Ref the French islands. As johnny333 is "damn foreigner" and not an American the French will possible turn a blind eye and let him in, State registration and all (They did for me). Especially now that the Skippies have turfed out that idiot John Howard* (FOB).

But what do I know, I've only done it!
*
*Keep in mind, however, that some bureaucrat is well capable of screwing up the best laid plans of mice and men.

*


----------



## TSOJOURNER (Dec 16, 1999)

thanks to everyone for the information,its a little complicated but thats the deal.anyway i will take care of it step by step.
Gtod25,good times ah,little johnny howard is down the frog and tod.
i will go to the top with this deal!!it will be all cool.thanks for your input.cheers johnny


----------



## camaraderie (May 22, 2002)

Johnny...good luck with it all. You need to read this document about boatregistration etc. in NY since you indicate that is where you will keep her: http://www.nydmv.state.ny.us/forms/boats.pdf

ArtbyJody...sorry but that is simply incorrect about 60 days state to state.See link above for proof. Each state has its' own rules...Florida and NY are 90 days, others are 60 or 30 or 60 consecutive and no more than 180 in a calendar year. It varies all over the lot and you have to look at each state.


----------



## TSOJOURNER (Dec 16, 1999)

camaraderie,thanks for your input again much appreciated cheers johnny
iam sure i will see you "out side" one day,that means going to sea,in australia,were i grew up anyway.


----------



## artbyjody (Jan 4, 2008)

While I can not reproduce the link... I did run across a section on the USCG website - highlighted in green that explicatively stated 60 days... and hence the only reason I posted that because I do not have time to make up anything...

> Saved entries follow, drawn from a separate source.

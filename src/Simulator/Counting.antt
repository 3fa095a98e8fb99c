-- ===== src/Simulator/Counting.antt =====
-- Counting the events of simulator/transaction_simulator.py that pass a test.
use rtace.Base.{
  ℕ, zero, suc, ◌+◌, String, ◌≡◌, refl, ap, inl, inr, Bool, true, false, not, ◌&&◌, List, [], ◌∷◌,
  All, ◌==◌, append, length, if◌then◌else◌, Option-cases, arith,
}
use rtace.Platform.{Platform}
use rtace.Models.{TransactionEvent, AuthEvent}
use rtace.Detection.{Event, transaction, login}
use rtace.Simulator.{
  Location, locations, Scenario, normal, replay, impossible_travel, fraud_burst, stuffing_user,
  stuffing_ip, Random, others_in, Yield, emitted, SimulatorSettings, Sim, choose, find,
  make_transaction, make_auth, normal_event, travel_from, fresh_event, tx_event, auth_event,
  burst_events, stuffing_user_events, stuffing_ip_events, stuffing_user_ip, stuffing_attack_ip,
}

module _ {ℓ} {A : Type ℓ} where
  -- How many pass the test.
  abbrev pub count : (A → Bool) → List A → ℕ
  count t [] = 0
  count t (x ∷ xs) = (if t x then 1 else 0) + count t xs

  pub count-append :
      (t : A → Bool) (xs ys : List A) → count t (append xs ys) ≡ count t xs + count t ys
  count-append t [] ys = omega arith
  count-append t (x ∷ xs) ys = let ih = count-append t xs ys in omega arith

  pub count-All : (t : A → Bool) (xs : List A) → All (λ x. t x ≡ true) xs → count t xs ≡ length xs
  count-All t [] h = refl
  count-All t (x ∷ xs) h = rw h.0 (omega (arith, count-All t xs h.1))

  pub count-none : (t : A → Bool) (xs : List A) → All (λ x. t x ≡ false) xs → count t xs ≡ 0
  count-none t [] h = refl
  count-none t (x ∷ xs) h = rw h.0 (omega (arith, count-none t xs h.1))

  pub count-same :
      (b : Bool) (t : A → Bool) (xs : List A)
      → All (λ x. t x ≡ b) xs
      → count t xs ≡ (if b then length xs else 0)
  count-same true t xs h = count-All t xs h
  count-same false t xs h = count-none t xs h

module _ (p : Platform) (rnd : Random p.F) where
  abbrev pays : String → Event p → Bool
  pays v (transaction tx) = tx.user_id == v
  pays v (login a) = false

  abbrev fails_from : String → Event p → Bool
  fails_from ip (transaction tx) = false
  fails_from ip (login a) = (a.ip_address == ip) && not a.success

  abbrev logs_in : String → Event p → Bool
  logs_in v (transaction tx) = false
  logs_in v (login a) = a.user_id == v

  -- A transaction of a burst on the account.
  abbrev pub in_burst : String → Yield p rnd → Bool
  in_burst v (emitted e fraud_burst) = pays v e
  in_burst v y = false

  -- A failed login of the stuffing of the account, from the one address.
  abbrev pub in_stuffing : String → Yield p rnd → Bool
  in_stuffing v (emitted e stuffing_user) = fails_from stuffing_user_ip e && logs_in v e
  in_stuffing v y = false

  -- A failed login of the stuffing from the attacker's address.
  abbrev pub in_ip_stuffing : Yield p rnd → Bool
  in_ip_stuffing (emitted e stuffing_ip) = fails_from stuffing_attack_ip e
  in_ip_stuffing y = false

  module _ (stamp : ℕ → String × p.Time) (settings : SimulatorSettings p rnd) (u : String)
      (us : List String) (home : String → Location) (t : Yield p rnd → Bool) where
    abbrev pub Dull : Scenario → Type 0
    Dull scenario = (e : Event p) → t (emitted e scenario) ≡ false

    Dull-if :
        (b : Bool) (y z : Yield p rnd × Sim p rnd)
        → t y.0 ≡ false
        → t z.0 ≡ false
        → t (if b then y else z).0 ≡ false
    Dull-if true y z hy hz = hy
    Dull-if false y z hy hz = hz

    travel_from-Dull :
        Dull normal
        → Dull impossible_travel
        → (ls : List Location) (v : String) (s : Sim p rnd)
        → t (travel_from p rnd stamp settings u us home ls v s).0 ≡ false
    unfolding travel_from normal_event
    travel_from-Dull dn di [] v s = dn _
    travel_from-Dull dn di (l ∷ ls) v s = di _

    fresh_event-Dull :
        Dull normal
        → Dull impossible_travel
        → (roll : p.F) (v : String) (s : Sim p rnd)
        → t (fresh_event p rnd stamp settings u us home roll v s).0 ≡ false
    unfolding fresh_event normal_event
    fresh_event-Dull dn di roll v s =
        Dull-if _ _ _ (travel_from-Dull dn di (others_in locations (home v)) v s) (dn _)

    pub tx_event-Dull :
        Dull normal
        → Dull replay
        → Dull impossible_travel
        → (v : String) (s : Sim p rnd) → t (tx_event p rnd stamp settings u us home v s).0 ≡ false
    unfolding tx_event
    tx_event-Dull dn dr di v s =
        let (roll, g) = rnd.random s.rng in
        let fresh = fresh_event-Dull dn di roll v (record s { rng = g }) in
        elim (Option-cases (find p rnd v s.last_tx)) [
          | inl first ↦ rw (tx_event, first) fresh
          | inr (tx, found) ↦ rw (tx_event, found) (Dull-if _ _ _ (dr _) fresh)
        ]

    pub auth_event-Dull :
        Dull normal → (s : Sim p rnd) → t (auth_event p rnd stamp settings u us home s).0 ≡ false
    unfolding auth_event
    auth_event-Dull dn s = dn _

    pub burst_events-All :
        (b : Bool) (n : ℕ) (v : String) (s : Sim p rnd)
        → ((tx : TransactionEvent p)
            → tx.user_id ≡ v
            → t (emitted (transaction tx) fraud_burst) ≡ b)
        → All (λ y. t y ≡ b) (burst_events p rnd stamp settings u us home n v s).0
    unfolding burst_events make_transaction choose
    burst_events-All b zero v s h = tt
    burst_events-All b (suc n) v s h = (h _ refl, burst_events-All b n v _ h)

    pub stuffing_user_events-All :
        (b : Bool) (n : ℕ) (v : String) (s : Sim p rnd)
        → ((a : AuthEvent p)
            → a.user_id ≡ v
            → a.ip_address ≡ stuffing_user_ip
            → a.success ≡ false
            → t (emitted (login a) stuffing_user) ≡ b)
        → All (λ y. t y ≡ b) (stuffing_user_events p rnd stamp settings u us home n v s).0
    unfolding stuffing_user_events make_auth
    stuffing_user_events-All b zero v s h = tt
    stuffing_user_events-All b (suc n) v s h =
        (h _ refl refl refl, stuffing_user_events-All b n v _ h)

    pub stuffing_ip_events-All :
        (b : Bool) (n i : ℕ) (s : Sim p rnd)
        → ((a : AuthEvent p)
            → a.ip_address ≡ stuffing_attack_ip
            → a.success ≡ false
            → t (emitted (login a) stuffing_ip) ≡ b)
        → All (λ y. t y ≡ b) (stuffing_ip_events p rnd stamp settings u us home n i s).0
    unfolding stuffing_ip_events make_auth
    stuffing_ip_events-All b zero i s h = tt
    stuffing_ip_events-All b (suc n) i s h = (h _ refl refl, stuffing_ip_events-All b n (suc i) _ h)

    pub burst_events-length :
        (n : ℕ) (v : String) (s : Sim p rnd)
        → length (burst_events p rnd stamp settings u us home n v s).0 ≡ n
    unfolding burst_events
    burst_events-length zero v s = refl
    burst_events-length (suc n) v s = ap suc (burst_events-length n v _)

    pub stuffing_user_events-length :
        (n : ℕ) (v : String) (s : Sim p rnd)
        → length (stuffing_user_events p rnd stamp settings u us home n v s).0 ≡ n
    unfolding stuffing_user_events
    stuffing_user_events-length zero v s = refl
    stuffing_user_events-length (suc n) v s = ap suc (stuffing_user_events-length n v _)

    pub stuffing_ip_events-length :
        (n i : ℕ) (s : Sim p rnd)
        → length (stuffing_ip_events p rnd stamp settings u us home n i s).0 ≡ n
    unfolding stuffing_ip_events
    stuffing_ip_events-length zero i s = refl
    stuffing_ip_events-length (suc n) i s = ap suc (stuffing_ip_events-length n (suc i) _)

yes different states do have certain policies and those policies must be dissented from the definitions of moving from state to state or a traveling from state to state...



camaraderie said:


> Johnny...good luck with it all. You need to read this document about boatregistration etc. in NY since you indicate that is where you will keep her: http://www.nydmv.state.ny.us/forms/boats.pdf
> 
> ArtbyJody...sorry but that is simply incorrect about 60 days state to state.See link above for proof. Each state has its' own rules...Florida and NY are 90 days, others are 60 or 30 or 60 consecutive and no more than 180 in a calendar year. It varies all over the lot and you have to look at each state.


----------



## camaraderie (May 22, 2002)

Jody...now you have me interested. Find and post it when the tequila runs out! (g)


----------



## artbyjody (Jan 4, 2008)

I'll have it tomorrow - but crap me not - I read it and it was clearly indicated that the 90 day rule had changed... when do you go the USCG site and text is in green? at any rate will produce tomorrow as I ate half the worm already _



camaraderie said:


> Jody...now you have me interested. Find and post it when the tequila runs out! (g)


----------



## chris_gee (May 31, 2006)

State registration is a boat control and maybe tax issue. The vessel is in fact owned by a foreigner. It is not registered in a national registry under a flag of convenience, and cannot be registered as an american boat.
It would seem wrong that it could fly an american flag representing that it was, even if certain countries have turned a blind eye to this, probably mainly on the grounds proximity and $$. However perhaps gtod25 could say exactly when he got away with it. The danger it seems to me is in the US coast guard boarding now and requiring documentation and compliance to be correct. The chances of that would seem as an outsider to be greater now than before. They may even be able to tell the difference between an australian and american.


----------



## hellosailor (Apr 11, 2006)

Actually, NYS has some obscure rules about motorized vessels. They only have to be registered in the state IF they are "on the navigable waterways" of the state for over 90 days in a row. The laws are obscure enough that you probably couldn't convince a bay constable without showing them the books...but in theory you can keep a motorized vessel in NYS waters for 89 days, pop over to CT or NJ or wherever for lunch or fuel, and then come back in for another 89 days. Haul the boat for the winter...the counting stops, because you are not in the navigable waterways.<G>
Of course if you are a resident, you still have to pay TAX on the damned thing, you're just given a break on the registration. And every water cop will still come up to find out why you've got no numbers on it. And, the folks at most DMV offices will still run and hide if you hand them papers and say "BOAT", they just don't deal with them in every office every day. Go figure.


----------



## Idiens (Jan 9, 2007)

One trick that johnny333 needs to watch out for is: if he flies to the USA on a visa waiver programme, as most Europeans do, buys his boat, goes for a test sail, comes back and is met by USCG, they will want to see a US visa in his passport. Aaaah!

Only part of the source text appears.